Task instructions:
Reproduce each record exactly, leaving nothing out.

Data supplied:
------------------------------------------------

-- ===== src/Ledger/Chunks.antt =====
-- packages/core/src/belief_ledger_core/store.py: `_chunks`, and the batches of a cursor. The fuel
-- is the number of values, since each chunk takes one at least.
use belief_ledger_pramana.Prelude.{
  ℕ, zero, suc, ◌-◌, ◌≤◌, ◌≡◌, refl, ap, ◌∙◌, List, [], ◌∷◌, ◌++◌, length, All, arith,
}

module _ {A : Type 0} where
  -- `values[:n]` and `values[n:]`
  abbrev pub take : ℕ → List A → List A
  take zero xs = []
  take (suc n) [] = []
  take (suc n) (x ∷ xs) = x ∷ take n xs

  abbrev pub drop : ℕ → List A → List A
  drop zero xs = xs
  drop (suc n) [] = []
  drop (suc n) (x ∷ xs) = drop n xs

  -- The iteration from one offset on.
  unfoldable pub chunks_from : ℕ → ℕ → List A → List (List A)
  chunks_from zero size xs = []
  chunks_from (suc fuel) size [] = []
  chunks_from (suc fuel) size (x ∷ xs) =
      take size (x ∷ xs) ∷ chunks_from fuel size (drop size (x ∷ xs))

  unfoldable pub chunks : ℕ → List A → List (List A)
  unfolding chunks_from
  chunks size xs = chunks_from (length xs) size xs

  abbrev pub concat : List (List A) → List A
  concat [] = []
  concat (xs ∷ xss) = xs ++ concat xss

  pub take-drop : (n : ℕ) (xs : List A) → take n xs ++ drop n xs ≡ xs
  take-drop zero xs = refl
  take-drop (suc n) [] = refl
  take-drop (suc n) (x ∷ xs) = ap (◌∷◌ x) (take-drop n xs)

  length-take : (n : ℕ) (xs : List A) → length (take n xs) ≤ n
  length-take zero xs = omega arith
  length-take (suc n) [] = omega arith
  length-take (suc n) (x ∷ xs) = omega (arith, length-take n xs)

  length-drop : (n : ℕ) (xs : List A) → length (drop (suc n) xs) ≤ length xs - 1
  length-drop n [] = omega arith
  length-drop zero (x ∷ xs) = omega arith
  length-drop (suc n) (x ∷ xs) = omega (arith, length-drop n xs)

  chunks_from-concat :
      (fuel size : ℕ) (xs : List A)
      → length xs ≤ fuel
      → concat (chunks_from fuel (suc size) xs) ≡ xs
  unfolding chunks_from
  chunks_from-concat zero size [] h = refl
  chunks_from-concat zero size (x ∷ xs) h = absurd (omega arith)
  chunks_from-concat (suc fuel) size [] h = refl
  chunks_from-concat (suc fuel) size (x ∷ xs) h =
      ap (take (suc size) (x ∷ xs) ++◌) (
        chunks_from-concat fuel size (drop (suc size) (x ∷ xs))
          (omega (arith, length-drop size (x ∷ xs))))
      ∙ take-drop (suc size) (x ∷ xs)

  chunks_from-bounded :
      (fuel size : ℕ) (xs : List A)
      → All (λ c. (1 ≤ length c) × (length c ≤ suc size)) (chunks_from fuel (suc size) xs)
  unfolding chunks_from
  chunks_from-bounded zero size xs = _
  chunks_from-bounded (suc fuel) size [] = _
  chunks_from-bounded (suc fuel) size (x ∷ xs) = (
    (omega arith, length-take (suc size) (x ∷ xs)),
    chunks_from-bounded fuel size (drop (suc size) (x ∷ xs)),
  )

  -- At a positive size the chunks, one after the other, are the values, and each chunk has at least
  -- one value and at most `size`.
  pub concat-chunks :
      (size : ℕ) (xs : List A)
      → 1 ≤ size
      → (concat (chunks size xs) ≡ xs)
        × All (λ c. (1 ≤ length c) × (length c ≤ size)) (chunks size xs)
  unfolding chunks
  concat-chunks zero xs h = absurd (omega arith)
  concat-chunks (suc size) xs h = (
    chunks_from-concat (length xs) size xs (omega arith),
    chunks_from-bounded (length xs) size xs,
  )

------------------------------------------------

Response below:
-- ===== src/Ledger/Chunks.antt =====
-- packages/core/src/belief_ledger_core/store.py: `_chunks`, and the batches of a cursor. The fuel
-- is the number of values, since each chunk takes one at least.
use belief_ledger_pramana.Prelude.{
  ℕ, zero, suc, ◌-◌, ◌≤◌, ◌≡◌, refl, ap, ◌∙◌, List, [], ◌∷◌, ◌++◌, length, All, arith,
}

module _ {A : Type 0} where
  -- `values[:n]` and `values[n:]`
  abbrev pub take : ℕ → List A → List A
  take zero xs = []
  take (suc n) [] = []
  take (suc n) (x ∷ xs) = x ∷ take n xs

  abbrev pub drop : ℕ → List A → List A
  drop zero xs = xs
  drop (suc n) [] = []
  drop (suc n) (x ∷ xs) = drop n xs

  -- The iteration from one offset on.
  unfoldable pub chunks_from : ℕ → ℕ → List A → List (List A)
  chunks_from zero size xs = []
  chunks_from (suc fuel) size [] = []
  chunks_from (suc fuel) size (x ∷ xs) =
      take size (x ∷ xs) ∷ chunks_from fuel size (drop size (x ∷ xs))

  unfoldable pub chunks : ℕ → List A → List (List A)
  unfolding chunks_from
  chunks size xs = chunks_from (length xs) size xs

  abbrev pub concat : List (List A) → List A
  concat [] = []
  concat (xs ∷ xss) = xs ++ concat xss

  pub take-drop : (n : ℕ) (xs : List A) → take n xs ++ drop n xs ≡ xs
  take-drop zero xs = refl
  take-drop (suc n) [] = refl
  take-drop (suc n) (x ∷ xs) = ap (◌∷◌ x) (take-drop n xs)

  length-take : (n : ℕ) (xs : List A) → length (take n xs) ≤ n
  length-take zero xs = omega arith
  length-take (suc n) [] = omega arith
  length-take (suc n) (x ∷ xs) = omega (arith, length-take n xs)

  length-drop : (n : ℕ) (xs : List A) → length (drop (suc n) xs) ≤ length xs - 1
  length-drop n [] = omega arith
  length-drop zero (x ∷ xs) = omega arith
  length-drop (suc n) (x ∷ xs) = omega (arith, length-drop n xs)

  chunks_from-concat :
      (fuel size : ℕ) (xs : List A)
      → length xs ≤ fuel
      → concat (chunks_from fuel (suc size) xs) ≡ xs
  unfolding chunks_from
  chunks_from-concat zero size [] h = refl
  chunks_from-concat zero size (x ∷ xs) h = absurd (omega arith)
  chunks_from-concat (suc fuel) size [] h = refl
  chunks_from-concat (suc fuel) size (x ∷ xs) h =
      ap (take (suc size) (x ∷ xs) ++◌) (
        chunks_from-concat fuel size (drop (suc size) (x ∷ xs))
          (omega (arith, length-drop size (x ∷ xs))))
      ∙ take-drop (suc size) (x ∷ xs)

  chunks_from-bounded :
      (fuel size : ℕ) (xs : List A)
      → All (λ c. (1 ≤ length c) × (length c ≤ suc size)) (chunks_from fuel (suc size) xs)
  unfolding chunks_from
  chunks_from-bounded zero size xs = _
  chunks_from-bounded (suc fuel) size [] = _
  chunks_from-bounded (suc fuel) size (x ∷ xs) = (
    (omega arith, length-take (suc size) (x ∷ xs)),
    chunks_from-bounded fuel size (drop (suc size) (x ∷ xs)),
  )

  -- At a positive size the chunks, one after the other, are the values, and each chunk has at least
  -- one value and at most `size`.
  pub concat-chunks :
      (size : ℕ) (xs : List A)
      → 1 ≤ size
      → (concat (chunks size xs) ≡ xs)
        × All (λ c. (1 ≤ length c) × (length c ≤ size)) (chunks size xs)
  unfolding chunks
  concat-chunks zero xs h = absurd (omega arith)
  concat-chunks (suc size) xs h = (
    chunks_from-concat (length xs) size xs (omega arith),
    chunks_from-bounded (length xs) size xs,
  )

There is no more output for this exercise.